Si, dans ces contrées, un château de plaisance est situé plus ou moins au milieu du domaine et que, pour arriver à la demeure seigneuriale, il faille passer à travers des terres labourées, des jardins potagers et d’autres établissements utiles d’exploitation rurale, en cela, les méridionaux se montrent meilleurs ménagers que les gens du Nord, qui sacrifient souvent à l’établissement d’un parc une grande étendue de sol fertile, pour flatter la vue avec de stériles buissons. Dans le Midi, au contraire, on élève deux murs, entre lesquels on arrive au château sans apercevoir ce qui se trouve à droite et à gauche. Cette avenue commence d’ordinaire par un grand portail ou même par un passage voûté, et finit dans la cour du château. Or, afin que l’œil trouve entre les murs de quoi se satisfaire, ils sont courbés en dehors, ornés de volutes et de piédestaux, sur lesquels çà et là peut se dresser un vase ; les faces sont ravalées, divisées en compartiments et peinturées.

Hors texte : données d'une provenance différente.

-- ===== src/Auth/Registry/Removal.antt =====
-- `removeLocked` and `removeWithTombstone`: a challenge leaves with its slots.
use cresora.Prelude.{
  ℕ, ◌≡◌, refl, ◌↔◌, Bool, true, false, ◌&&◌, Option, none, some, arith, nat_eq, if◌then◌else◌,
  ◌==◌, inl, inr, Bool-cases, Eq,
}
use cresora.Prelude.Maps.{
  Map, lookup, insert, delete, lookup-delete, lookup-insert, length-delete, length-insert,
}
use cresora.Auth.Challenge.{AuthTarget, target_eq, same_target_iff, TerminalResult, AccountView}
use cresora.Auth.Registry.{
  Registry, points_to, delete_slot, remove_locked, remove_with_tombstone, wiped,
}
use cresora.Auth.Registry.Invariant.{Live, Inv, store-Inv}

lookup-delete_slot :
    {K : Type 0} ⦃e : Eq K⦄ (k j : K) (id : ℕ) (m : Map K ℕ)
    → lookup j (delete_slot k id m)
      ≡ (if points_to (lookup k m) id && e.beq k j then none else lookup j m)
lookup-delete_slot ⦃e⦄ k j id m = ground (arith, lookup-delete k j m)

-- The registry without the challenge `id`, whose record is at `p`.
abbrev pub without : Registry → ℕ → Registry
without g p = record g {
  challenges = delete (g.heap p).request_id g.challenges;
  actor_slots = delete_slot (g.heap p).target.actor (g.heap p).request_id g.actor_slots;
  target_slots = delete_slot (g.heap p).target (g.heap p).request_id g.target_slots;
}

module _ (g : Registry) (p : ℕ) (v : Inv g)
    (here : lookup (g.heap p).request_id g.challenges ≡ some p) where
  -- What is still there was there, and is another challenge.
  remains :
      (id q : ℕ)
      → lookup id (without g p).challenges ≡ some q
      → (lookup id g.challenges ≡ some q) × (((g.heap p).request_id == id) ≡ false)
  remains id q h = ground (arith, lookup-delete (g.heap p).request_id id g.challenges)

  without-Live : (id q : ℕ) → lookup id (without g p).challenges ≡ some q → Live (without g p) id q
  unfolding points_to
  without-Live id q h =
      let (was, other) = remains id q h in
      let l = v.live id q was in
      let r = g.heap p in
      record {
        allocated = l.allocated;
        keyed = l.keyed;
        actor_slot = ground (
          arith,
          l.actor_slot,
          lookup-delete_slot r.target.actor (g.heap q).target.actor r.request_id g.actor_slots,
        );
        target_slot = ground (
          arith,
          l.target_slot,
          same_target_iff r.target (g.heap q).target,
          lookup-delete_slot r.target (g.heap q).target r.request_id g.target_slots,
        );
        apart = l.apart;
      }

  without-actor_live :
      (a id : ℕ)
      → lookup a (without g p).actor_slots ≡ some id
      → (q : ℕ) × (lookup id (without g p).challenges ≡ some q) × ((g.heap q).target.actor ≡ a)
  unfolding points_to
  without-actor_live a id h =
      let r = g.heap p in
      let law = lookup-delete_slot r.target.actor a r.request_id g.actor_slots in
      let old : lookup a g.actor_slots ≡ some id = ground (arith, law) in
      let (q, found, e) = v.actor_live a id old in
      (q, ground (arith, law, old, here, found, e, lookup-delete r.request_id id g.challenges), e)

  without-target_live :
      (t : AuthTarget) (id : ℕ)
      → lookup t (without g p).target_slots ≡ some id
      → (q : ℕ) × (lookup id (without g p).challenges ≡ some q) × ((g.heap q).target ≡ t)
  unfolding points_to
  without-target_live t id h =
      let r = g.heap p in
      let law = lookup-delete_slot r.target t r.request_id g.target_slots in
      let old : lookup t g.target_slots ≡ some id = ground (arith, law) in
      let (q, found, e) = v.target_live t id old in
      (
        q,
        ground (
          arith,
          law,
          old,
          here,
          found,
          e,
          same_target_iff r.target t,
          lookup-delete r.request_id id g.challenges,
        ),
        e,
      )

  without-Inv : Inv (without g p)
  without-Inv = record {
    live = without-Live;
    actor_live = without-actor_live;
    target_live = without-target_live;
    bounded = omega (arith, v.bounded, length-delete (g.heap p).request_id p g.challenges here);
    sized = v.sized;
    frugal = v.frugal;
  }

  -- With the terminal result in its place.
  buried-Live :
      (s : TerminalResult) (id q : ℕ)
      → lookup id (without g p).challenges ≡ some q
      → Live
          (record (without g p) { tombstones = insert (g.heap p).request_id s g.tombstones })
          id
          q
  buried-Live s id q h =
      let l = without-Live id q h in
      record {
        allocated = l.allocated;
        keyed = l.keyed;
        actor_slot = l.actor_slot;
        target_slot = l.target_slot;
        apart =
            ground (
              arith,
              l.apart,
              remains id q h,
              lookup-insert (g.heap p).request_id id s g.tombstones,
            );
      }

  buried-Inv :
      (s : TerminalResult)
      → Inv (record (without g p) { tombstones = insert (g.heap p).request_id s g.tombstones })
  buried-Inv s = record {
    live = buried-Live s;
    actor_live = without-actor_live;
    target_live = without-target_live;
    bounded = omega (
      arith,
      v.bounded,
      length-delete (g.heap p).request_id p g.challenges here,
      length-insert (g.heap p).request_id s g.tombstones,
    );
    sized = v.sized;
    frugal = v.frugal;
  }

points_to_iff : (o : Option ℕ) (p : ℕ) → (points_to o p ≡ true) ↔ (o ≡ some p)
unfolding points_to
points_to_iff none p = ground arith
points_to_iff (some q) p = ground arith

-- Removing a record, or trying to remove one that the map no longer holds, keeps the registry well
-- formed.
pub remove_locked-Inv : (g : Registry) (p : ℕ) → Inv g → Inv (remove_locked g p).0
unfolding remove_locked
remove_locked-Inv g p v =
    elim (Bool-cases (points_to (lookup (g.heap p).request_id g.challenges) p)) [
      | inl e ↦ rw e (without-Inv g p v ((points_to_iff _ p).0 e))
      | inr e ↦ rw e v
    ]

pub remove_with_tombstone-Inv :
    (now : ℕ) (g : Registry) (p : ℕ) (account : Option AccountView) (aborted : Bool)
    → Inv g
    → Inv (remove_with_tombstone now g p account aborted)
unfolding remove_with_tombstone
remove_with_tombstone-Inv now g p account aborted v =
    elim (Bool-cases (points_to (lookup (g.heap p).request_id g.challenges) p)) [
      | inl e ↦ rw e (
          store-Inv _ p (wiped (g.heap p)) refl refl (buried-Inv g p v ((points_to_iff _ p).0 e) _)
            (v.frugal p))
      | inr e ↦ rw e v
    ]
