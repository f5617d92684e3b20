-- ===== src/Auth/Methods/Keeps.antt =====
-- Every method on a reservation or a request keeps the registry well formed.
use cresora.Prelude.{ℕ, refl, true, Option, none, some, arith, nat_eq, inl, inr, Option-cases}
use cresora.Prelude.Maps.{lookup}
use cresora.Auth.Errors.{Context}
use cresora.Auth.Challenge.{Challenge, SendCodeResult}
use cresora.Auth.Registry.{Registry, Reservation, remove_locked, cleanup, wiped}
use cresora.Auth.Registry.Invariant.{Inv, store-Inv, cleanup-Inv}
use cresora.Auth.Registry.Removal.{remove_locked-Inv}
use cresora.Auth.Methods.{
  attach, commit_pointer, commit, rollback_pointer, rollback, status_of, status, owned,
  remove_pointer, remove, shut_down, clear_shutdown_state, capped_expiry, delivery_label,
}

attach-Inv :
    (before after : ℕ) (g : Registry) (p : ℕ) (sent : SendCodeResult)
    → Inv g
    → Inv (attach before after g p sent).0
unfolding attach
attach-Inv before after g p sent v = ground (
  arith,
  store-Inv g p (record (g.heap p) { expires = capped_expiry (g.heap p) sent }) refl refl v
      (v.frugal p),
  store-Inv g p
      (record (g.heap p) {
        expires = capped_expiry (g.heap p) sent;
        hash = sent.phone_code_hash;
        delivery = delivery_label sent.delivery;
        ready = true;
      })
      refl refl v (v.frugal p),
)

commit_pointer-Inv :
    (before after : ℕ) (g : Registry) (o : Option ℕ) (sent : SendCodeResult)
    → Inv g
    → Inv (commit_pointer before after g o sent).0
unfolding commit_pointer
commit_pointer-Inv before after g none sent v = v
commit_pointer-Inv before after g (some p) sent v =
    ground (arith, attach-Inv before after g p sent v)

pub commit-Inv :
    (ctx : Context) (before after : ℕ) (g : Registry) (r : Reservation) (sent : SendCodeResult)
    → Inv g
    → Inv (commit ctx before after g r sent).0
unfolding commit
commit-Inv ctx before after g r sent v =
    ground (arith, commit_pointer-Inv before after g r.pointer sent v)

rollback_pointer-Inv : (g : Registry) (o : Option ℕ) → Inv g → Inv (rollback_pointer g o).0
unfolding rollback_pointer
rollback_pointer-Inv g none v = v
rollback_pointer-Inv g (some p) v = ground (arith, remove_locked-Inv g p v)

pub rollback-Inv :
    (ctx : Context) (g : Registry) (r : Reservation) → Inv g → Inv (rollback ctx g r).0
unfolding rollback
rollback-Inv ctx g r v = ground (arith, rollback_pointer-Inv g r.pointer v)

status_of-Inv :
    (now : ℕ) (g : Registry) (actor : ℕ) (o : Option ℕ) → Inv g → Inv (status_of now g actor o).0
unfolding status_of
status_of-Inv now g actor none v = v
status_of-Inv now g actor (some id) v = ground arith

pub status-Inv :
    (ctx : Context) (cleaned_at now : ℕ) (g : Registry) (actor : ℕ)
    → Inv g
    → Inv (status ctx cleaned_at now g actor).0
unfolding status
status-Inv ctx cleaned_at now g actor v =
    let h = cleanup cleaned_at g in
    ground (
      arith,
      v,
      status_of-Inv now h actor (lookup actor h.actor_slots) (cleanup-Inv cleaned_at g v),
    )

remove_pointer-Inv : (g : Registry) (o : Option ℕ) → Inv g → Inv (remove_pointer g o).0
unfolding remove_pointer
remove_pointer-Inv g none v = v
remove_pointer-Inv g (some p) v =
    let h = (remove_locked g p).0 in
    let kept = remove_locked-Inv g p v in
    store-Inv h p (wiped (h.heap p)) refl refl kept (kept.frugal p)

pub remove-Inv :
    (ctx : Context) (g : Registry) (actor request_id : ℕ)
    → Inv g
    → Inv (remove ctx g actor request_id).0
unfolding remove
remove-Inv ctx g actor request_id v =
    ground (arith, remove_pointer-Inv g (owned g actor request_id) v)

pub clear_shutdown_state-Inv :
    (g : Registry) (c : Challenge) → Inv g → Inv (clear_shutdown_state g c)
unfolding clear_shutdown_state
clear_shutdown_state-Inv g c v = elim (Option-cases (lookup c.request_id g.challenges)) [
  | inl e ↦ rw (e, clear_shutdown_state) v
  | inr (p, e) ↦
      rw (e, clear_shutdown_state)
        (ground (arith, store-Inv g p (shut_down (g.heap p)) refl refl v (omega arith)))
]
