-- ===== src/Auth/Operation/Keeps.antt =====
-- The methods of an operation, and `Operation` over any action built from them.
use cresora.Prelude.{ℕ, ◌+◌, refl, true, false, Option, none, some, arith}
use cresora.Auth.Errors.{Context}
use cresora.Auth.Challenge.{Stage, no_stage, Profile, AccountView}
use cresora.Auth.Registry.{Registry}
use cresora.Auth.Registry.Invariant.{Inv, store-Inv}
use cresora.Auth.Registry.Removal.{remove_with_tombstone-Inv}
use cresora.Auth.Methods.{owned}
use cresora.Auth.Operation.{
  ChallengeOperation, held, reserve_code_attempt, reserve_password_attempt, set_pending_profile,
  set_stage, complete, abort, Action, begin, act, dispatch, operation,
}

pub reserve_code_attempt-Inv :
    (o : ChallengeOperation) → Inv o.registry → Inv (reserve_code_attempt o).0.registry
unfolding reserve_code_attempt
reserve_code_attempt-Inv o v = ground (
  arith,
  store-Inv o.registry o.pointer (record (held o) { code_attempts = (held o).code_attempts + 1 })
      refl refl v,
  v.frugal o.pointer,
)

pub reserve_password_attempt-Inv :
    (o : ChallengeOperation) → Inv o.registry → Inv (reserve_password_attempt o).0.registry
unfolding reserve_password_attempt
reserve_password_attempt-Inv o v = ground (
  arith,
  store-Inv o.registry o.pointer
      (record (held o) { password_attempts = (held o).password_attempts + 1 }) refl refl v,
  v.frugal o.pointer,
)

pub set_pending_profile-Inv :
    (o : ChallengeOperation) (profile : Profile)
    → Inv o.registry
    → Inv (set_pending_profile o profile).registry
unfolding set_pending_profile
set_pending_profile-Inv o profile v =
    store-Inv o.registry o.pointer _ refl refl v (v.frugal o.pointer)

pub set_stage-Inv :
    (o : ChallengeOperation) (s : Stage) → Inv o.registry → Inv (set_stage o s).0.registry
unfolding set_stage
set_stage-Inv o no_stage v = v
set_stage-Inv o _ v = store-Inv o.registry o.pointer _ refl refl v (v.frugal o.pointer)

pub complete-Inv :
    (now : ℕ) (o : ChallengeOperation) (account : AccountView)
    → Inv o.registry
    → Inv (complete now o account).registry
unfolding complete
complete-Inv now o account v =
    ground (arith, remove_with_tombstone-Inv now o.registry o.pointer (some account) false v)

pub abort-Inv : (now : ℕ) (o : ChallengeOperation) → Inv o.registry → Inv (abort now o).registry
unfolding abort
abort-Inv now o v = ground (arith, remove_with_tombstone-Inv now o.registry o.pointer none true v)

module _ {W : Type 0} where
  -- An action under which a well-formed registry stays so.
  abbrev pub KeepsInv : Action W → Type 0
  KeepsInv action = (w : W) (o : ChallengeOperation) → Inv o.registry → Inv (action w o).1.registry

  act-Inv :
      (now : ℕ) (w : W) (g : Registry) (p : ℕ) (action : Action W)
      → KeepsInv action
      → Inv g
      → Inv (act now w g p action).1
  unfolding act
  act-Inv now w g p action keep v = ground (arith, keep w (begin g p) v)

  dispatch-Inv :
      (now : ℕ) (w : W) (g : Registry) (actor request_id : ℕ) (action : Action W) (o : Option ℕ)
      → KeepsInv action
      → Inv g
      → Inv (dispatch now w g actor request_id action o).1
  unfolding dispatch
  dispatch-Inv now w g actor request_id action none keep v = v
  dispatch-Inv now w g actor request_id action (some p) keep v = act-Inv now w g p action keep v

  pub operation-Inv :
      (ctx : Context) (now : ℕ) (w : W) (g : Registry) (actor request_id : ℕ) (action : Action W)
      → KeepsInv action
      → Inv g
      → Inv (operation ctx now w g actor request_id action).1
  unfolding operation
  operation-Inv ctx now w g actor request_id action keep v =
      ground (arith, dispatch-Inv now w g actor request_id action (owned g actor request_id) keep v)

La cour du château forme un rond de maisons d’un étage, où demeurent les valets et les ouvriers ; le château élève sur le tout son imposante masse carrée. Telle est la disposition traditionnelle, comme elle a existé probablement jusqu’au temps où le père du prince bâtit le château dans un goût qui, s’il n’était pas des meilleurs, était du moins supportable. Mais le possesseur actuel, sans renoncer à ces traits généraux, permet la plus libre carrière à son goût et à sa passion pour les formes laides, monstrueuses, et on lui fait beaucoup trop d’honneur en lui accordant seulement une étincelle d’imagination.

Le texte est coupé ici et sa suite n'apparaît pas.